→ **RECORDS FOR PROCESSING**:

-- ===== src/Tests/Objects.antt =====
-- An object with one relocation.
use liblink.Base.{
  Each, Option, ◌≢◌, ◌%◌, ◌^◌, ℕ, ◌+◌, ◌≤◌, ◌<◌, ◌≡◌, ◌⊎◌, refl, List, [], ◌∷◌, ◌++◌, some, true,
  none, ok, exit_success,
}
use liblink.Memory.{store64}
use liblink.Types.{
  ElfRel, ElfRelocationTable, ElfRelocationATable, ElfSymbolTable, ElfShdr, ObjectCode, SymbolStore,
  object_needed,
}
use liblink.Compat.Arm64.{arm64_constant}
use liblink.Plt.{next_stub_addr}
use liblink.Plt.Arm64.{arm64}
use liblink.Linker.{no_header}
use liblink.Reloc.Util.{find_symbol, is_other}
use liblink.Reloc.Util.Find.{NoTable, required_symbol, find_symbol_bounds}
use liblink.Reloc.Arm64.{relocate_one, encode_addend_arm64, compute_addend, compute_at, encode_at}
use liblink.Reloc.Arm64.Frame.{SameButStubs, relocate_one_writes}
use liblink.Reloc.Arm64.Object.{relocate_rela_tables, relocate_object_code_arm64}
use liblink.Reloc.Arm64.Kept.{Kept, relocate_object_code_arm64-Kept}
use liblink.Reloc.Arm64.Explicit.{IsIdle, relocate_object_code_arm64_explicit}
use liblink.BinaryTree.{null}
use liblink.Debug.{find_near_symbol, get_oc_info}
use liblink.Linker.{Linker}
use liblink.Debug.Near.{find_near_symbol_covers}
use liblink.Got.{fill_got, fill_symbol, need_got_slot, verify_got}
use liblink.Elf.Platform.{arm64_platform}
use liblink.Elf.Protect.{Call, mprotect_object_code}
use liblink.Elf.Process.{Resolved, resolve_object}
use liblink.Elf.Process.Success.{IsResolved, resolve_object-IsResolved}
use liblink.Tests.Data.{no_sym, zeros, text, far_symbol, info}

-- R_AARCH64_ABS64 at the start of the section, for symbol 0 of the table at hand.
abbrev data_word : ElfRel
data_word = record { r_offset = 0; r_info = 257 }

abbrev symbols : SymbolStore
symbols p = far_symbol

abbrev symbol_table : ElfSymbolTable
symbol_table = record { index = 3; symbols = 50; n_symbols = 2; names = 0 }

abbrev header : ElfShdr
header = record no_header { sh_link = 3 }

abbrev rela_table : ElfRelocationATable
rela_table = record {
  index = 2;
  target_section_index = 0;
  section_header = header;
  relocations = record { rel = data_word; r_addend = 16 } ∷ [];
}

abbrev rel_table : ElfRelocationTable
rel_table = record {
  index = 2;
  target_section_index = 0;
  section_header = header;
  relocations = [];
}

abbrev object : ObjectCode
object = record {
  status = object_needed;
  file_name = [];
  file_size = 0;
  archive_member_name = none;
  symbols = [];
  n_symbols = 0;
  image = 0;
  image_mapped = true;
  misalignment = 0;
  info = record {
    section_headers = [];
    section_header_strtab = 0;
    symbol_tables = symbol_table ∷ [];
    rel_table = [];
    rela_table = rela_table ∷ [];
    got_start = 0;
    got_size = 0;
  };
  sections = text ∷ [];
}

one_found : find_symbol object 3 1 ≡ some 51
unfolding find_symbol
one_found = refl

find_symbol_bounds_example :
    (before after : List ElfSymbolTable) × (t : ElfSymbolTable) × (symbol_table ∷ []
      ≡ before ++ t ∷ after)
    × (t.index ≡ 3)
    × NoTable 3 before
    × (1 < t.n_symbols)
    × (51 ≡ t.symbols + 1)
find_symbol_bounds_example = find_symbol_bounds object 3 1 51 one_found

relocated :
    relocate_one text data_word far_symbol 16 zeros ≡ ok (text, store64 zeros 0x10000 0x7f00000010)
unfolding relocate_one encode_addend_arm64 compute_addend arm64_constant compute_at encode_at
relocated = refl

relocate_one_writes_example :
    SameButStubs text text
    × ((a : ℕ)
        → (a < 0x10000) ⊎ (0x10008 ≤ a)
        → (a < next_stub_addr arm64 info) ⊎ (next_stub_addr arm64 info + 20 ≤ a)
        → store64 zeros 0x10000 0x7f00000010 a ≡ 0)
relocate_one_writes_example =
    relocate_one_writes text text data_word far_symbol 16 zeros (store64 zeros 0x10000 0x7f00000010)
      relocated

relocated_object :
    relocate_object_code_arm64 symbols object zeros
    ≡ ok (object, store64 zeros 0x10000 0x7f00000010, exit_success)
unfolding relocate_object_code_arm64 relocate_one encode_addend_arm64 compute_addend arm64_constant
    required_symbol find_symbol is_other compute_at encode_at
relocated_object = refl

relocate_object_code_arm64-Kept_example : Kept object object × (exit_success ≡ exit_success)
relocate_object_code_arm64-Kept_example =
    relocate_object_code_arm64-Kept symbols object object zeros (store64 zeros 0x10000 0x7f00000010)
      exit_success relocated_object

-- The object with an empty table of relocations with implicit addends.
abbrev explicit : ObjectCode
explicit = record object { info = record object.info { rel_table = rel_table ∷ [] } }

explicit_relocated :
    relocate_object_code_arm64 symbols explicit zeros
    ≡ ok (explicit, store64 zeros 0x10000 0x7f00000010, exit_success)
unfolding relocate_object_code_arm64 relocate_one encode_addend_arm64 compute_addend arm64_constant
    required_symbol find_symbol is_other compute_at encode_at
explicit_relocated = refl

relocate_object_code_arm64_explicit_example :
    Each (IsIdle explicit) (rel_table ∷ [])
    × (relocate_rela_tables symbols explicit (rela_table ∷ []) zeros
        ≡ ok (explicit, store64 zeros 0x10000 0x7f00000010))
relocate_object_code_arm64_explicit_example =
    relocate_object_code_arm64_explicit symbols explicit explicit zeros
      (store64 zeros 0x10000 0x7f00000010) exit_success explicit_relocated

-- The symbol at pointer 50 covers 16 bytes at the start of the section.
abbrev sized_symbols : SymbolStore
sized_symbols p = record far_symbol { addr = 0x10000; elf_sym = record no_sym { st_size = 16 } }

near_found :
    find_near_symbol 64 (record { gsyms = null; objects = object ∷ [] }) sized_symbols 0x10008
    ≡ some 50
unfolding find_near_symbol
near_found = refl

find_near_symbol_covers_example :
    ((sized_symbols 50).elf_sym.st_size ≢ 0)
    × ((sized_symbols 50).addr ≤ 0x10008)
    × (0x10008 < ((sized_symbols 50).addr + (sized_symbols 50).elf_sym.st_size) % 2 ^ 64)
find_near_symbol_covers_example =
    find_near_symbol_covers 64 (record { gsyms = null; objects = object ∷ [] }) sized_symbols
      0x10008 50 near_found

abbrev nowhere : List ℕ → ℕ
nowhere name = 0

abbrev no_pages : ℕ → ℕ → Option ℕ
no_pages k size = none

abbrev protects : Call → ℕ
protects c = 0

abbrev no_linker : Linker
no_linker = record { gsyms = null; objects = [] }

abbrev resolved : Resolved
resolved = record {
  object = object;
  symbols = symbols;
  memory = store64 zeros 0x10000 0x7f00000010;
  protected = record { start = 0x10000; size = 0x10030; flags = 5 } ∷ [];
  status = exit_success;
}

object_resolved :
    resolve_object arm64_platform 64 nowhere no_pages protects no_linker object symbols zeros
    ≡ ok resolved
unfolding resolve_object get_oc_info fill_got fill_symbol need_got_slot verify_got
    mprotect_object_code relocate_object_code_arm64 relocate_one encode_addend_arm64 compute_addend
    arm64_constant required_symbol find_symbol is_other compute_at encode_at
object_resolved = refl

resolve_object-IsResolved_example :
    IsResolved arm64_platform 64 nowhere no_pages protects no_linker object symbols zeros resolved
resolve_object-IsResolved_example =
    resolve_object-IsResolved arm64_platform 64 nowhere no_pages protects no_linker object symbols
      zeros resolved object_resolved refl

→ **EXERCISE INSTRUCTIONS**: Please write out the entries exactly, keeping every line intact.

→ **EXPECTED ANSWER**:
-- ===== src/Tests/Objects.antt =====
-- An object with one relocation.
use liblink.Base.{
  Each, Option, ◌≢◌, ◌%◌, ◌^◌, ℕ, ◌+◌, ◌≤◌, ◌<◌, ◌≡◌, ◌⊎◌, refl, List, [], ◌∷◌, ◌++◌, some, true,
  none, ok, exit_success,
}
use liblink.Memory.{store64}
use liblink.Types.{
  ElfRel, ElfRelocationTable, ElfRelocationATable, ElfSymbolTable, ElfShdr, ObjectCode, SymbolStore,
  object_needed,
}
use liblink.Compat.Arm64.{arm64_constant}
use liblink.Plt.{next_stub_addr}
use liblink.Plt.Arm64.{arm64}
use liblink.Linker.{no_header}
use liblink.Reloc.Util.{find_symbol, is_other}
use liblink.Reloc.Util.Find.{NoTable, required_symbol, find_symbol_bounds}
use liblink.Reloc.Arm64.{relocate_one, encode_addend_arm64, compute_addend, compute_at, encode_at}
use liblink.Reloc.Arm64.Frame.{SameButStubs, relocate_one_writes}
use liblink.Reloc.Arm64.Object.{relocate_rela_tables, relocate_object_code_arm64}
use liblink.Reloc.Arm64.Kept.{Kept, relocate_object_code_arm64-Kept}
use liblink.Reloc.Arm64.Explicit.{IsIdle, relocate_object_code_arm64_explicit}
use liblink.BinaryTree.{null}
use liblink.Debug.{find_near_symbol, get_oc_info}
use liblink.Linker.{Linker}
use liblink.Debug.Near.{find_near_symbol_covers}
use liblink.Got.{fill_got, fill_symbol, need_got_slot, verify_got}
use liblink.Elf.Platform.{arm64_platform}
use liblink.Elf.Protect.{Call, mprotect_object_code}
use liblink.Elf.Process.{Resolved, resolve_object}
use liblink.Elf.Process.Success.{IsResolved, resolve_object-IsResolved}
use liblink.Tests.Data.{no_sym, zeros, text, far_symbol, info}

-- R_AARCH64_ABS64 at the start of the section, for symbol 0 of the table at hand.
abbrev data_word : ElfRel
data_word = record { r_offset = 0; r_info = 257 }

abbrev symbols : SymbolStore
symbols p = far_symbol

abbrev symbol_table : ElfSymbolTable
symbol_table = record { index = 3; symbols = 50; n_symbols = 2; names = 0 }

abbrev header : ElfShdr
header = record no_header { sh_link = 3 }

abbrev rela_table : ElfRelocationATable
rela_table = record {
  index = 2;
  target_section_index = 0;
  section_header = header;
  relocations = record { rel = data_word; r_addend = 16 } ∷ [];
}

abbrev rel_table : ElfRelocationTable
rel_table = record {
  index = 2;
  target_section_index = 0;
  section_header = header;
  relocations = [];
}

abbrev object : ObjectCode
object = record {
  status = object_needed;
  file_name = [];
  file_size = 0;
  archive_member_name = none;
  symbols = [];
  n_symbols = 0;
  image = 0;
  image_mapped = true;
  misalignment = 0;
  info = record {
    section_headers = [];
    section_header_strtab = 0;
    symbol_tables = symbol_table ∷ [];
    rel_table = [];
    rela_table = rela_table ∷ [];
    got_start = 0;
    got_size = 0;
  };
  sections = text ∷ [];
}

one_found : find_symbol object 3 1 ≡ some 51
unfolding find_symbol
one_found = refl

find_symbol_bounds_example :
    (before after : List ElfSymbolTable) × (t : ElfSymbolTable) × (symbol_table ∷ []
      ≡ before ++ t ∷ after)
    × (t.index ≡ 3)
    × NoTable 3 before
    × (1 < t.n_symbols)
    × (51 ≡ t.symbols + 1)
find_symbol_bounds_example = find_symbol_bounds object 3 1 51 one_found

relocated :
    relocate_one text data_word far_symbol 16 zeros ≡ ok (text, store64 zeros 0x10000 0x7f00000010)
unfolding relocate_one encode_addend_arm64 compute_addend arm64_constant compute_at encode_at
relocated = refl

relocate_one_writes_example :
    SameButStubs text text
    × ((a : ℕ)
        → (a < 0x10000) ⊎ (0x10008 ≤ a)
        → (a < next_stub_addr arm64 info) ⊎ (next_stub_addr arm64 info + 20 ≤ a)
        → store64 zeros 0x10000 0x7f00000010 a ≡ 0)
relocate_one_writes_example =
    relocate_one_writes text text data_word far_symbol 16 zeros (store64 zeros 0x10000 0x7f00000010)
      relocated

relocated_object :
    relocate_object_code_arm64 symbols object zeros
    ≡ ok (object, store64 zeros 0x10000 0x7f00000010, exit_success)
unfolding relocate_object_code_arm64 relocate_one encode_addend_arm64 compute_addend arm64_constant
    required_symbol find_symbol is_other compute_at encode_at
relocated_object = refl

relocate_object_code_arm64-Kept_example : Kept object object × (exit_success ≡ exit_success)
relocate_object_code_arm64-Kept_example =
    relocate_object_code_arm64-Kept symbols object object zeros (store64 zeros 0x10000 0x7f00000010)
      exit_success relocated_object

-- The object with an empty table of relocations with implicit addends.
abbrev explicit : ObjectCode
explicit = record object { info = record object.info { rel_table = rel_table ∷ [] } }

explicit_relocated :
    relocate_object_code_arm64 symbols explicit zeros
    ≡ ok (explicit, store64 zeros 0x10000 0x7f00000010, exit_success)
unfolding relocate_object_code_arm64 relocate_one encode_addend_arm64 compute_addend arm64_constant
    required_symbol find_symbol is_other compute_at encode_at
explicit_relocated = refl

relocate_object_code_arm64_explicit_example :
    Each (IsIdle explicit) (rel_table ∷ [])
    × (relocate_rela_tables symbols explicit (rela_table ∷ []) zeros
        ≡ ok (explicit, store64 zeros 0x10000 0x7f00000010))
relocate_object_code_arm64_explicit_example =
    relocate_object_code_arm64_explicit symbols explicit explicit zeros
      (store64 zeros 0x10000 0x7f00000010) exit_success explicit_relocated

-- The symbol at pointer 50 covers 16 bytes at the start of the section.
abbrev sized_symbols : SymbolStore
sized_symbols p = record far_symbol { addr = 0x10000; elf_sym = record no_sym { st_size = 16 } }

near_found :
    find_near_symbol 64 (record { gsyms = null; objects = object ∷ [] }) sized_symbols 0x10008
    ≡ some 50
unfolding find_near_symbol
near_found = refl

find_near_symbol_covers_example :
    ((sized_symbols 50).elf_sym.st_size ≢ 0)
    × ((sized_symbols 50).addr ≤ 0x10008)
    × (0x10008 < ((sized_symbols 50).addr + (sized_symbols 50).elf_sym.st_size) % 2 ^ 64)
find_near_symbol_covers_example =
    find_near_symbol_covers 64 (record { gsyms = null; objects = object ∷ [] }) sized_symbols
      0x10008 50 near_found

abbrev nowhere : List ℕ → ℕ
nowhere name = 0

abbrev no_pages : ℕ → ℕ → Option ℕ
no_pages k size = none

abbrev protects : Call → ℕ
protects c = 0

abbrev no_linker : Linker
no_linker = record { gsyms = null; objects = [] }

abbrev resolved : Resolved
resolved = record {
  object = object;
  symbols = symbols;
  memory = store64 zeros 0x10000 0x7f00000010;
  protected = record { start = 0x10000; size = 0x10030; flags = 5 } ∷ [];
  status = exit_success;
}

object_resolved :
    resolve_object arm64_platform 64 nowhere no_pages protects no_linker object symbols zeros
    ≡ ok resolved
unfolding resolve_object get_oc_info fill_got fill_symbol need_got_slot verify_got
    mprotect_object_code relocate_object_code_arm64 relocate_one encode_addend_arm64 compute_addend
    arm64_constant required_symbol find_symbol is_other compute_at encode_at
object_resolved = refl

resolve_object-IsResolved_example :
    IsResolved arm64_platform 64 nowhere no_pages protects no_linker object symbols zeros resolved
resolve_object-IsResolved_example =
    resolve_object-IsResolved arm64_platform 64 nowhere no_pages protects no_linker object symbols
      zeros resolved object_resolved refl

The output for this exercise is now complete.